[Task to complete]: Print the first line of the data below and every one after it, through the line containing "i) cases ≡ true", exactly as written.
Start of Block
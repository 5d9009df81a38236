-- ===== src/Sales/Once.antt =====
-- A case is confirmed once: what a confirmation has resolved stays as it is.
use business_execution_ledge.Base.{
  ◌==◌, ℕ, ◌≤◌, ◌≡◌, refl, sym, ap, ◌∙◌, Bool, true, false, Option, none, some, List, [], ◌∷◌, map,
  arith, if◌then◌else◌, Bool-cases, inl, inr,
}
use mathlib.Core.Path.{subst}
use business_execution_ledge.Base.Int.{ℤ}
use business_execution_ledge.Base.Lists.{any, count, find, any-count}
use business_execution_ledge.Match.Rows.{
  SubjectType, invoice_subject, payment_subject, same_type, MatchCase,
}
use business_execution_ledge.Sales.Rows.{
  SalesSubject, SalesAllocation, SalesDb, case_not_found, wrong_subject, subject_not_found,
  wrong_direction, SalesResult, ok, err, check, found, bind-ok, found-ok, insert_sales_allocation,
  is_case, is_pending, is_resolved, is_pending_case, resolve_case, resolve_if_pending,
}
use business_execution_ledge.Sales.Confirm.{
  Confirm, ConfirmationResult, new_allocation, check_add, add_sales_allocation, add_all,
  replay_confirmation, check_confirmation, check_pending, conclude_confirmation, commit_or_rollback,
  write_confirmation, confirm_pending, confirm_checked, confirm_sales_match,
  validate_allocation_pairs,
}

abbrev pub is_done : Option MatchCase → Bool
is_done none = false
is_done (some m) = is_resolved m.status

-- The case that a look-up by id finds is resolved.
abbrev pub is_done_in : ℕ → List MatchCase → Bool
is_done_in i cases = is_done (find (is_case i) cases)

abbrev pub has_created : SalesResult ConfirmationResult → Bool
has_created (err e) = false
has_created (ok r) = r.created

no_case :
    (i now : ℕ) (cases : List MatchCase)
    → count (is_case i) cases ≡ 0
    → any (is_pending_case i) cases ≡ false
no_case i now [] h = refl
no_case i now (m ∷ ms) h = ground (arith, no_case i now ms)

some_of_count :
    (p : MatchCase → Bool) (ms : List MatchCase) → (count p ms == 1) ≡ true → any p ms ≡ true
some_of_count p ms h = ground (arith, h, any-count p ms)

resolve_case-done :
    (i now : ℕ) (cases : List MatchCase)
    → any (is_pending_case i) cases ≡ true
    → count (is_case i) cases ≤ 1
    → is_done_in i (map (resolve_case i now) cases) ≡ true
resolve_case-done i now [] p h = cc
resolve_case-done i now (m ∷ ms) p h = elim (Bool-cases (is_case i m)) [
  | inl e ↦
      let rest : any (is_pending_case i) ms ≡ false = no_case i now ms (ground arith) in
      let here : is_pending m.status ≡ true = ground arith in rw (e, here) (rw e refl)
  | inr e ↦ rw (e) (rw e (resolve_case-done i now ms (ground arith) (ground arith)))
]

inserted_cases :
    (t : SubjectType) (a : SalesAllocation) (db : SalesDb)
    → (insert_sales_allocation t a db).match_cases ≡ db.match_cases
inserted_cases invoice_subject a db = refl
inserted_cases payment_subject a db = refl

module _ (survives : ℤ → Bool) (subjects : ℕ → Option SalesSubject) where
  add_all-cases :
      (t : SubjectType) (as' : List SalesAllocation) (db db' : SalesDb)
      → add_all survives subjects t as' db ≡ ok db'
      → db'.match_cases ≡ db.match_cases
  unfolding add_all
  add_all-cases t [] db db' h =
      let same : db ≡ db' = cc in ap (λ (d : SalesDb). d.match_cases) (sym same)
  add_all-cases t (a ∷ as') db db' h =
      let (next, added, h1) = bind-ok (add_sales_allocation survives subjects t a db) _ _ h in
      let (u, checked, h2) = bind-ok (check_add survives subjects t a db) _ _ added in
      let same : insert_sales_allocation t a db ≡ next = cc in
      add_all-cases t as' next db' h1
      ∙ ap (λ (d : SalesDb). d.match_cases) (sym same)
      ∙ inserted_cases t a db

  conclude-created :
      (c : Confirm) (written : List SalesAllocation) (before : SalesDb) (r : Bool × SalesDb)
      → has_created (conclude_confirmation survives subjects c written before r).0 ≡ true
      → (r.0 ≡ true) × ((conclude_confirmation survives subjects c written before r).1 ≡ r.1)
  conclude-created c written before (false, db) h = cc
  conclude-created c written before (true, db) h = (refl, refl)

  commit-done :
      (c : Confirm) (written : List SalesAllocation) (before : SalesDb) (r : SalesResult SalesDb)
      → add_all survives subjects c.subject_type written before ≡ r
      → count (is_case c.match_case_id) before.match_cases ≤ 1
      → has_created (commit_or_rollback survives subjects c written before r).0 ≡ true
      → is_done_in c.match_case_id
          (commit_or_rollback survives subjects c written before r).1.match_cases
        ≡ true
  unfolding resolve_if_pending
  commit-done c written before (err e) q one h = cc
  commit-done c written before (ok db) q one h =
      let (pending, after) =
        conclude-created c written before (resolve_if_pending c.match_case_id c.created_at db) h in
      let cases = add_all-cases c.subject_type written before db q in
      ap (λ (d : SalesDb). is_done_in c.match_case_id d.match_cases) after
      ∙ resolve_case-done c.match_case_id c.created_at db.match_cases
          (some_of_count (is_pending_case c.match_case_id) db.match_cases pending) (rw cases one)

  pending-done :
      (rival : SalesDb → SalesDb) (c : Confirm) (db : SalesDb) (m : MatchCase)
      (r : SalesResult Unit)
      → count (is_case c.match_case_id) (rival db).match_cases ≤ 1
      → has_created (confirm_pending survives subjects rival c db m r).0 ≡ true
      → is_done_in c.match_case_id (confirm_pending survives subjects rival c db m r).1.match_cases
        ≡ true
  unfolding write_confirmation
  pending-done rival c db m (err e) one h = cc
  pending-done rival c db m (ok u) one h =
      commit-done c (map (new_allocation c m.subject_id) c.allocations) (rival db) _ refl one h

  replay-not_created :
      (c : Confirm) (m : MatchCase) (db : SalesDb)
      → has_created (replay_confirmation survives subjects c m db) ≡ false
  replay-not_created c m db = ground arith

  branch-done :
      (rival : SalesDb → SalesDb) (c : Confirm) (db : SalesDb) (m : MatchCase)
      (r : SalesResult Unit) (b : Bool)
      → let decided =
          if b
          then (replay_confirmation survives subjects c m db, db)
          else confirm_pending survives subjects rival c db m r in
        count (is_case c.match_case_id) (rival db).match_cases ≤ 1
        → has_created decided.0 ≡ true
        → is_done_in c.match_case_id decided.1.match_cases ≡ true
  branch-done rival c db m r true one h = let never = replay-not_created c m db in cc
  branch-done rival c db m r false one h = pending-done rival c db m r one h

  checked-done :
      (rival : SalesDb → SalesDb) (c : Confirm) (db : SalesDb)
      (r : SalesResult (MatchCase × SalesSubject))
      → count (is_case c.match_case_id) (rival db).match_cases ≤ 1
      → has_created (confirm_checked survives subjects rival c db r).0 ≡ true
      → is_done_in c.match_case_id (confirm_checked survives subjects rival c db r).1.match_cases
        ≡ true
  checked-done rival c db (err e) one h = cc
  checked-done rival c db (ok (m, s)) one h =
      branch-done rival c db m (check_pending survives subjects c m s db) (is_resolved m.status) one
        h

  check_confirmation-case :
      (sales_contracts : List ℕ) (c : Confirm) (db : SalesDb) (m : MatchCase) (s : SalesSubject)
      → check_confirmation survives subjects sales_contracts c db ≡ ok (m, s)
      → find (is_case c.match_case_id) db.match_cases ≡ some m
  unfolding check_confirmation
  check_confirmation-case sales_contracts c db m s h =
      let o = find (is_case c.match_case_id) db.match_cases in
      let (n, f, h1) = bind-ok (found o case_not_found) _ _ h in
      let (u1, _, h2) =
        bind-ok (check (same_type n.subject_type c.subject_type) wrong_subject) _ _ h1 in
      let (x, _, h3) = bind-ok (found (subjects n.subject_id) subject_not_found) _ _ h2 in
      let (u2, _, h4) = bind-ok (check x.is_sales wrong_direction) _ _ h3 in
      let (u3, _, h5) =
        bind-ok (validate_allocation_pairs survives sales_contracts c.allocations) _ _ h4 in
      let same : n ≡ m = cc in found-ok o case_not_found n f ∙ ap (λ (k : MatchCase). some k) same

  checked-final :
      (sales_contracts : List ℕ) (rival : SalesDb → SalesDb) (c : Confirm) (db : SalesDb)
      (r : SalesResult (MatchCase × SalesSubject))
      → check_confirmation survives subjects sales_contracts c db ≡ r
      → is_done_in c.match_case_id db.match_cases ≡ true
      → (confirm_checked survives subjects rival c db r).1 ≡ db
  checked-final sales_contracts rival c db (err e) q h = refl
  checked-final sales_contracts rival c db (ok (m, s)) q h =
      let done : is_resolved m.status ≡ true =
        subst (λ (o : Option MatchCase). is_done o ≡ true)
          (check_confirmation-case sales_contracts c db m s q) h in
      rw done refl

  -- A confirmation that has written its allocations is final: a later call about the case, with the
  -- same allocations or others, changes nothing, whatever other sessions would commit in it. No two
  -- cases share an id.
  pub confirm_sales_match-once :
      (sales_contracts : List ℕ) (rival rival' : SalesDb → SalesDb) (c d : Confirm) (db : SalesDb)
      → count (is_case c.match_case_id) (rival db).match_cases ≤ 1
      → d.match_case_id ≡ c.match_case_id
      → has_created (confirm_sales_match survives subjects sales_contracts rival c db).0 ≡ true
      → let db' = (confirm_sales_match survives subjects sales_contracts rival c db).1 in
        (confirm_sales_match survives subjects sales_contracts rival' d db').1 ≡ db'
  unfolding confirm_sales_match
  confirm_sales_match-once sales_contracts rival rival' c d db one same h =
      let r = check_confirmation survives subjects sales_contracts c db in
      let db' = (confirm_checked survives subjects rival c db r).1 in
      checked-final sales_contracts rival' d db'
        (check_confirmation survives subjects sales_contracts d db') refl
        (rw same (checked-done rival c db r one h))
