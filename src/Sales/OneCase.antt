-- ===== src/Sales/OneCase.antt =====
-- A sales subject has one match case at most.
use business_execution_ledge.Base.{
  ℕ, ◌≤◌, ◌≡◌, refl, Bool, true, false, Option, none, some, List, [], ◌∷◌, arith, Bool-cases, inl,
  inr,
}
use business_execution_ledge.Base.Lists.{any, count, count-append, any-count}
use business_execution_ledge.Match.Rows.{
  SubjectType, invoice_subject, payment_subject, same_type, MatchCase,
}
use business_execution_ledge.Sales.Rows.{
  SalesSubject, SalesDb, SalesResult, ok, err, is_case_for, add_if_no_case_for_subject,
}
use business_execution_ledge.Sales.Propose.{
  Propose, new_sales_case, case_of_subject, check_proposal, after_insert, propose_with,
  propose_sales_match,
}

-- The number of cases of a subject.
abbrev pub cases_of : SubjectType → ℕ → SalesDb → ℕ
cases_of t i db = count (is_case_for t i) db.match_cases

same_type_same : (a b : SubjectType) → same_type a b ≡ true → a ≡ b
same_type_same invoice_subject invoice_subject h = refl
same_type_same invoice_subject payment_subject h = cc
same_type_same payment_subject invoice_subject h = cc
same_type_same payment_subject payment_subject h = refl

add_if_no_case-one :
    (m : MatchCase) (db : SalesDb) (t : SubjectType) (i : ℕ)
    → cases_of t i db ≤ 1
    → cases_of t i (add_if_no_case_for_subject m db).1 ≤ 1
unfolding add_if_no_case_for_subject
add_if_no_case-one m db t i h =
    elim (Bool-cases (any (is_case_for m.subject_type m.subject_id) db.match_cases)) [
      | inl taken ↦ rw taken h
      | inr free ↦
          let none_yet = any-count (is_case_for m.subject_type m.subject_id) db.match_cases free in
          rw (free, count-append (is_case_for t i) db.match_cases (m ∷ []))
            (elim (Bool-cases (is_case_for t i m)) [
              | inl e ↦
                  let same_t : m.subject_type ≡ t =
                    same_type_same m.subject_type t (ground arith) in
                  let same_i : m.subject_id ≡ i = ground arith in
                  rw (e, ← same_t, ← same_i, none_yet) (omega arith)
              | inr e ↦ rw e (omega (arith, h))
            ])
    ]

after_insert-cases :
    (c : Propose) (r : Bool × SalesDb) → (after_insert c r).1.match_cases ≡ r.1.match_cases
after_insert-cases c (false, db) = refl
after_insert-cases c (true, db) = refl

propose_with-one :
    (rival : SalesDb → SalesDb) (c : Propose) (db : SalesDb) (r : SalesResult Unit)
    (existing : Option MatchCase) (t : SubjectType) (i : ℕ)
    → cases_of t i db ≤ 1
    → cases_of t i (rival db) ≤ 1
    → cases_of t i (propose_with rival c db r existing).1 ≤ 1
propose_with-one rival c db (err e) existing t i h w = h
propose_with-one rival c db (ok u) (some m) t i h w = h
propose_with-one rival c db (ok u) none t i h w =
    rw (after_insert-cases c (add_if_no_case_for_subject (new_sales_case c) (rival db)))
      (add_if_no_case-one (new_sales_case c) (rival db) t i w)

-- A proposal leaves one match case at most for every subject `i` of every leg `t`, however it ends,
-- where there was one at most in the store that is read and in the store that other sessions leave
-- for the insert.
pub propose_sales_match-one_case :
    (subjects : ℕ → Option SalesSubject) (sales_contracts : List ℕ) (rival : SalesDb → SalesDb)
    (c : Propose) (db : SalesDb) (t : SubjectType) (i : ℕ)
    → cases_of t i db ≤ 1
    → cases_of t i (rival db) ≤ 1
    → cases_of t i (propose_sales_match subjects sales_contracts rival c db).1 ≤ 1
unfolding propose_sales_match
propose_sales_match-one_case subjects sales_contracts rival c db t i h w =
    propose_with-one rival c db (check_proposal subjects sales_contracts c) (case_of_subject c db) t
      i h w
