-- ===== src/Sales/Tests.antt =====
-- A sales invoice of 100 is proposed to and confirmed for two sales contracts, and the theorems at it.
use business_execution_ledge.Base.{
  ℕ, ◌≤◌, ◌≡◌, refl, Bool, true, Option, none, some, [], ◌∷◌, arith, ◌==◌, if◌then◌else◌,
}
use business_execution_ledge.Base.Int.{ℤ, pos, ◌+ℤ◌}
use business_execution_ledge.Match.Rows.{
  invoice_subject, human_confirmation_required, manual_sales_scope,
}
use business_execution_ledge.Sales.Rows.{
  SalesSubject, SalesDb, sum_for_subject, resolve_if_pending, add_if_no_case_for_subject,
}
use business_execution_ledge.Sales.Propose.{
  Propose, check_proposal, validate_candidate_ids, propose_sales_match,
}
use business_execution_ledge.Sales.Confirm.{
  Confirm, validate_targets, validate_allocation_pairs, check_add, add_all, check_confirmation,
  check_pending, write_confirmation, confirm_sales_match,
}
use business_execution_ledge.Sales.Bounded.{Within, confirm_sales_match-bounded}
use business_execution_ledge.Sales.OneCase.{cases_of, propose_sales_match-one_case}
use business_execution_ledge.Sales.Once.{has_created, confirm_sales_match-once}

abbrev sales_invoice : SalesSubject
sales_invoice = record { id = 4; is_sales = true; amount = pos 100 }

abbrev subjects : ℕ → Option SalesSubject
subjects i = if i == 4 then some sales_invoice else none

abbrev exact : ℤ → Bool
exact a = true

abbrev no_cases : SalesDb
no_cases = record {
  match_cases = [];
  candidates = [];
  invoice_allocations = [];
  payment_allocations = [];
}

abbrev proposal : Propose
proposal = record {
  subject_type = invoice_subject;
  subject_id = 4;
  sales_contract_ids = 1 ∷ 2 ∷ [];
  case_id = 9;
  created_at = 5;
}

abbrev proposed : SalesDb
proposed = record no_cases {
  match_cases =
      record {
        id = 9;
        subject_type = invoice_subject;
        subject_id = 4;
        status = human_confirmation_required;
        match_method = manual_sales_scope;
        created_at = 5;
        resolved_at = none;
      }
      ∷ [];
}

abbrev confirmation : Confirm
confirmation = record {
  subject_type = invoice_subject;
  match_case_id = 9;
  allocations = (1, pos 60) ∷ (2, pos 40) ∷ [];
  created_at = 6;
}

-- The proposal writes the case.
proposal-run :
    (propose_sales_match subjects (1 ∷ 2 ∷ []) (λ db. db) proposal no_cases).1.match_cases
    ≡ proposed.match_cases
unfolding propose_sales_match check_proposal validate_candidate_ids add_if_no_case_for_subject
proposal-run = refl

-- The confirmation writes both allocations.
confirmation-run :
    has_created (confirm_sales_match exact subjects (1 ∷ 2 ∷ []) (λ db. db) confirmation proposed).0
    ≡ true
unfolding confirm_sales_match check_confirmation validate_allocation_pairs validate_targets
    check_pending write_confirmation add_all check_add resolve_if_pending sum_for_subject ◌+ℤ◌
confirmation-run = refl

confirm_sales_match-bounded_example :
    Within invoice_subject 4 sales_invoice
      (confirm_sales_match exact subjects (1 ∷ 2 ∷ []) (λ db. db) confirmation proposed).1
unfolding sum_for_subject
confirm_sales_match-bounded_example =
    confirm_sales_match-bounded exact subjects (1 ∷ 2 ∷ []) (λ db. db) confirmation proposed 4
      sales_invoice refl (omega arith) (omega arith)

propose_sales_match-one_case_example :
    cases_of invoice_subject 4
      (propose_sales_match subjects (1 ∷ 2 ∷ []) (λ db. db) proposal no_cases).1
    ≤ 1
propose_sales_match-one_case_example =
    propose_sales_match-one_case subjects (1 ∷ 2 ∷ []) (λ db. db) proposal no_cases invoice_subject
      4 (omega arith) (omega arith)

confirm_sales_match-once_example :
    let db' =
      (confirm_sales_match exact subjects (1 ∷ 2 ∷ []) (λ db. db) confirmation proposed).1 in
    (confirm_sales_match exact subjects
      (1 ∷ 2 ∷ [])
      (λ db. db)
      (record confirmation { allocations = (1, pos 100) ∷ [] })
      db').1
    ≡ db'
confirm_sales_match-once_example =
    confirm_sales_match-once exact subjects (1 ∷ 2 ∷ []) (λ db. db) (λ db. db) confirmation
      (record confirmation { allocations = (1, pos 100) ∷ [] }) proposed (omega arith) refl
      confirmation-run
End of Block
[Written answer]:
repository 5d9009df81a38236
-- ===== src/Sales/Once.antt =====
-- A case is confirmed once: what a confirmation has resolved stays as it is.
use business_execution_ledge.Base.{
  ◌==◌, ℕ, ◌≤◌, ◌≡◌, refl, sym, ap, ◌∙◌, Bool, true, false, Option, none, some, List, [], ◌∷◌, map,
  arith, if◌then◌else◌, Bool-cases, inl, inr,
}
use mathlib.Core.Path.{subst}
use business_execution_ledge.Base.Int.{ℤ}
use business_execution_ledge.Base.Lists.{any, count, find, any-count}
use business_execution_ledge.Match.Rows.{
  SubjectType, invoice_subject, payment_subject, same_type, MatchCase,
}
use business_execution_ledge.Sales.Rows.{
  SalesSubject, SalesAllocation, SalesDb, case_not_found, wrong_subject, subject_not_found,
  wrong_direction, SalesResult, ok, err, check, found, bind-ok, found-ok, insert_sales_allocation,
  is_case, is_pending, is_resolved, is_pending_case, resolve_case, resolve_if_pending,
}
use business_execution_ledge.Sales.Confirm.{
  Confirm, ConfirmationResult, new_allocation, check_add, add_sales_allocation, add_all,
  replay_confirmation, check_confirmation, check_pending, conclude_confirmation, commit_or_rollback,
  write_confirmation, confirm_pending, confirm_checked, confirm_sales_match,
  validate_allocation_pairs,
}

abbrev pub is_done : Option MatchCase → Bool
is_done none = false
is_done (some m) = is_resolved m.status

-- The case that a look-up by id finds is resolved.
abbrev pub is_done_in : ℕ → List MatchCase → Bool
is_done_in i cases = is_done (find (is_case i) cases)

abbrev pub has_created : SalesResult ConfirmationResult → Bool
has_created (err e) = false
has_created (ok r) = r.created

no_case :
    (i now : ℕ) (cases : List MatchCase)
    → count (is_case i) cases ≡ 0
    → any (is_pending_case i) cases ≡ false
no_case i now [] h = refl
no_case i now (m ∷ ms) h = ground (arith, no_case i now ms)

some_of_count :
    (p : MatchCase → Bool) (ms : List MatchCase) → (count p ms == 1) ≡ true → any p ms ≡ true
some_of_count p ms h = ground (arith, h, any-count p ms)

resolve_case-done :
    (i now : ℕ) (cases : List MatchCase)
    → any (is_pending_case i) cases ≡ true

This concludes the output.